西武山川、無人スタンドに「どすこい」も「恥ずかしい。お客いてこそ」

西日本スポーツ 小畑 大悟

 ◆オープン戦 広島3-3西武(8日、マツダスタジアム)

 静かな球場に山川の雄たけびが響いた。無人のスタンドに向かって「どすこい!」。それも2連発。オープン戦19打席目で待望の1号ソロが飛び出しただけでなく、2打席連発となる2号ソロを放った。「うれしかった。1本目は完璧。それがあったからこそ次の打席も打てて良かった」と笑った。

 6回2死、岡田の148キロ直球を見事にはじき返した。バックスクリーンへの一撃。今季のテーマに掲げている中堅から右方向へのどでかい当たりだった。「打った瞬間だった。シーズンでも何回かのいいスイング。1球で打ち返せて良かった」。好感触を8回2死の次打席につなげた。DJ・ジョンソンの直球を逆風にあらがい、左翼席最上段まで運んでみせた。

 待ちに待った2発で3年連続の開幕4番も決めた。辻監督は「そりゃそうだろ、どう考えても」と明言。昨季夏場に不振に陥った後は中村に譲ったままだった4番を奪い返した格好だ。当の山川は「オープン戦で争うものじゃない。開幕してからが4番争い。

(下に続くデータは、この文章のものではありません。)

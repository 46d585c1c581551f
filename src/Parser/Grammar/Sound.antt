-- ===== src/Parser/Grammar/Sound.antt =====
-- What the recogniser of src/parser/parser.c accepts is derived by the grammar.
use morphl.Prelude.{
  ℕ, zero, suc, ◌+◌, codes, ◌≤◌, ◌≡◌, refl, subst, Bool, true, false, ◌&&◌, some, List, [], ◌∷◌,
  length, get_elem?, ltb, leb, ◌==◌, Outcome, ok, failed, fault, Post, returns, fails, faults,
  Post-bind, Post-attempt, Post-required, Post-if, Post-weaken, of_ok, arith,
}
use morphl.Util.Intern.{InternTable, interns_intern}
use morphl.Lexer.{Token}
use morphl.Parser.Grammar.{
  GrammarAtom, Atoms, Production, GrammarRule, Grammar, atom_literal, atom_token_kind, atom_rule,
  atom_repeat, no_atoms, more_atoms, atom_count, parser_max_depth, find_rule, one_token, is_literal,
  is_kind, atoms_to_match, is_candidate, enough_rounds, match_atom, match_rounds, match_atoms,
  match_pattern, match_any, extend, parse_rule_internal, all_read, drop_end, starting,
  grammar_parse,
}
use morphl.Parser.Grammar.Derives.{
  Has, Atom, Rounds, Sequence, Rule, literal, token_kind, rule, repeat, no_round, stop, then_atom,
}
use morphl.Parser.Grammar.Matches.{Matches, MatchesAny, snoc_round, to_prefix, to_extended}

abbrev Ensures {ℓ} : {A : Type ℓ} → (A → Type ℓ) → Outcome A → Type ℓ
Ensures P = Post P Unit

one_token_sound :
    (test : Token → Bool) (P : List Token → List Token → Type 0) (toks : List Token)
    → ((t : Token) (ts : List Token) → test t ≡ true → P (t ∷ ts) ts)
    → Ensures (P toks) (one_token test toks)
one_token_sound test P [] h = fails
one_token_sound test P (t ∷ ts) h = Post-if (test t) (λ e. returns (h t ts e)) (λ _. fails)

module _ (g : Grammar) where
  mutual
    unfolding match_atom match_rounds match_atoms match_pattern match_any extend parse_rule_internal

    match_atom_sound :
        (fuel : ℕ) (a : GrammarAtom) (ts : List Token) (depth : ℕ)
        → Ensures (Atom g is_kind a ts) (match_atom g fuel a ts depth)
    match_atom_sound zero a ts depth = faults tt
    match_atom_sound (suc fuel) (atom_literal s c) ts depth =
        one_token_sound (is_literal s) (Atom g is_kind (atom_literal s c)) ts (λ t us e. literal e)
    match_atom_sound (suc fuel) (atom_token_kind k c) ts depth =
        one_token_sound (is_kind k) (Atom g is_kind (atom_token_kind k c)) ts
          (λ t us e. token_kind e)
    match_atom_sound (suc fuel) (atom_rule symbol bp c) ts depth =
        Post-bind (Post-required (find_rule g.rules symbol) (λ r e. e)) λ r found.
          Post-weaken (λ us d. rule found d) (parse_rule_internal_sound fuel r bp ts (depth + 1))
    match_atom_sound (suc fuel) (atom_repeat body least most c) ts depth =
        Post-weaken (λ us (n, low, high, made). repeat low high made)
          (match_rounds_sound fuel body least most 0 ts ts depth no_round (omega arith))

    match_rounds_sound :
        (fuel : ℕ) (body : Atoms) (least most count : ℕ) (ts us : List Token) (depth : ℕ)
        → Rounds g is_kind body count ts us
        → count ≤ most
        → Ensures
            (λ vs. (n : ℕ) × (least ≤ n) × (n ≤ most) × Rounds g is_kind body n ts vs)
            (match_rounds g fuel body least most count us depth)
    match_rounds_sound zero body least most count ts us depth made in_range = faults tt
    match_rounds_sound (suc fuel) body least most count ts us depth made in_range =
        let done : Ensures
            (λ vs. (n : ℕ) × (least ≤ n) × (n ≤ most) × Rounds g is_kind body n ts vs)
            (enough_rounds least count us) =
          Post-if (ltb count least) (λ _. fails)
            (λ e. returns (count, ground (arith, e), in_range, made)) in
        Post-if (ltb count most)
          (λ e. Post-attempt (match_atoms_sound fuel body us (depth + 1)) done λ vs s.
            match_rounds_sound fuel body least most (suc count) ts vs depth
              (snoc_round g is_kind made s) (ground (arith, e)))
          (λ _. done)

    match_atoms_sound :
        (fuel : ℕ) (as' : Atoms) (ts : List Token) (depth : ℕ)
        → Ensures (Sequence g is_kind as' ts) (match_atoms g fuel as' ts depth)
    match_atoms_sound zero more ts depth = faults tt
    match_atoms_sound (suc fuel) no_atoms ts depth = returns stop
    match_atoms_sound (suc fuel) (more_atoms a more) ts depth =
        Post-bind (match_atom_sound fuel a ts depth) λ us first.
          Post-weaken (λ vs others. then_atom first others) (match_atoms_sound fuel more us depth)

    match_pattern_sound :
        (fuel : ℕ) (prod : Production) (ts : List Token) (bp : ℕ) (extending : Bool) (depth : ℕ)
        → Ensures
            (Matches g is_kind prod bp extending ts)
            (match_pattern g fuel prod ts bp extending depth)
    match_pattern_sound zero prod ts bp extending depth = faults tt
    match_pattern_sound (suc fuel) prod ts bp extending depth =
        Post-if (ltb parser_max_depth depth) (λ _. fails)
          λ _. Post-bind (Post-required (atoms_to_match prod bp extending) (λ more e. e)) λ more e.
            Post-bind (match_atoms_sound fuel more ts depth) λ us s.
              Post-if (extending && leb (atom_count prod.atoms) 1) (λ _. fails)
                λ enough.
                  Post-if (length us == length ts) (λ _. fails) λ _. returns (more, e, s, enough)

    match_any_sound :
        (fuel : ℕ) (r : GrammarRule) (extending : Bool) (prods : List Production) (ts : List Token)
        (bp depth : ℕ)
        → ((i : ℕ) (prod : Production) → get_elem? prods i ≡ some prod → Has r prod)
        → Ensures
            (MatchesAny g is_kind r bp extending ts)
            (match_any g fuel extending prods ts bp depth)
    match_any_sound zero r extending prods ts bp depth within = faults tt
    match_any_sound (suc fuel) r extending [] ts bp depth within = fails
    match_any_sound (suc fuel) r extending (prod ∷ prods) ts bp depth within =
        let others =
          match_any_sound fuel r extending prods ts bp depth (λ i p h. within (suc i) p h) in
        Post-if (is_candidate extending prod)
          (λ candidate.
            Post-attempt (match_pattern_sound fuel prod ts bp extending (depth + 1)) others
              λ us m. returns (prod, within 0 prod refl, candidate, m))
          (λ _. others)

    extend_sound :
        (fuel : ℕ) (r : GrammarRule) (bp : ℕ) (start ts : List Token) (depth : ℕ)
        → Rule g is_kind r bp start ts
        → Ensures (Rule g is_kind r bp start) (extend g fuel r bp ts depth)
    extend_sound zero r bp start ts depth d = faults tt
    extend_sound (suc fuel) r bp start ts depth d =
        Post-attempt (match_any_sound fuel r true r.productions ts bp depth (λ i p h. (i, h)))
          (returns d)
          λ us m. extend_sound fuel r bp start us depth (to_extended g is_kind r bp start ts us d m)

    parse_rule_internal_sound :
        (fuel : ℕ) (r : GrammarRule) (bp : ℕ) (ts : List Token) (depth : ℕ)
        → Ensures (Rule g is_kind r bp ts) (parse_rule_internal g fuel r bp ts depth)
    parse_rule_internal_sound zero r bp ts depth = faults tt
    parse_rule_internal_sound (suc fuel) r bp ts depth =
        Post-if (ltb parser_max_depth depth) (λ _. fails)
          λ _.
            Post-bind (match_any_sound fuel r false r.productions ts bp depth (λ i p h. (i, h)))
              λ us m. extend_sound fuel r bp ts us depth (to_prefix g is_kind r bp ts us m)

itself {ℓ} : {A : Type ℓ} (r : Outcome A) → Ensures (λ a. r ≡ ok a) r
itself (ok a) = returns refl
itself failed = fails
itself fault = faults tt

pub all_read-nil : (toks : List Token) → all_read toks ≡ true → toks ≡ []
all_read-nil [] h = refl
all_read-nil (t ∷ ts) h = cc

abbrev Accepted : Grammar → ℕ → List Token → InternTable → InternTable → Type 0
Accepted g start_rule tokens names names' =
    (eof : ℕ) × (r : GrammarRule) × (interns_intern names (some (codes "EOF")) ≡ ok (eof, names'))
    × (find_rule g.rules (starting g start_rule) ≡ some r)
    × Rule g is_kind r 0 (drop_end eof tokens) []

-- An accepted input is derived: the tokens, less the end token, are an expression of the start rule.
pub grammar_parse-Rule :
    (fuel : ℕ) (g : Grammar) (start_rule : ℕ) (tokens : List Token) (names names' : InternTable)
    → grammar_parse fuel g start_rule tokens names ≡ ok names'
    → (eof : ℕ) × (r : GrammarRule) × (interns_intern names (some (codes "EOF")) ≡ ok (eof, names'))
      × (find_rule g.rules (starting g start_rule) ≡ some r)
      × Rule g is_kind r 0 (drop_end eof tokens) []
unfolding grammar_parse
grammar_parse-Rule fuel g start_rule tokens names names' accepted =
    of_ok {P = Accepted g start_rule tokens names}
      (Post-if (length g.rules == 0) (λ _. fails)
        λ _.
          Post-bind (itself (interns_intern names (some (codes "EOF")))) λ (eof, names'') interned.
            Post-bind (Post-required (find_rule g.rules (starting g start_rule)) (λ r e. e))
              λ r found.
                Post-bind (parse_rule_internal_sound g fuel r 0 (drop_end eof tokens) 0) λ rest d.
                  Post-if (all_read rest)
                    (λ e. returns (
                      eof,
                      r,
                      interned,
                      found,
                      subst (Rule g is_kind r 0 (drop_end eof tokens)) (all_read-nil rest e) d,
                    ))
                    (λ _. fails))
      accepted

シーズンに入って打ち続けるのが大事」と力を込めた。

 無観客の中、テレビ画面越しに見ているファンへ向けて「どすこい!」と大声で叫んだ。「恥ずかしかった。アホっぽかった。お客さんがいてこそ。開幕して、ファンの皆さんとどすこいができたらいい」と願いを込めた。3年連続キングに向け準備は整いつつある。 (小畑大悟)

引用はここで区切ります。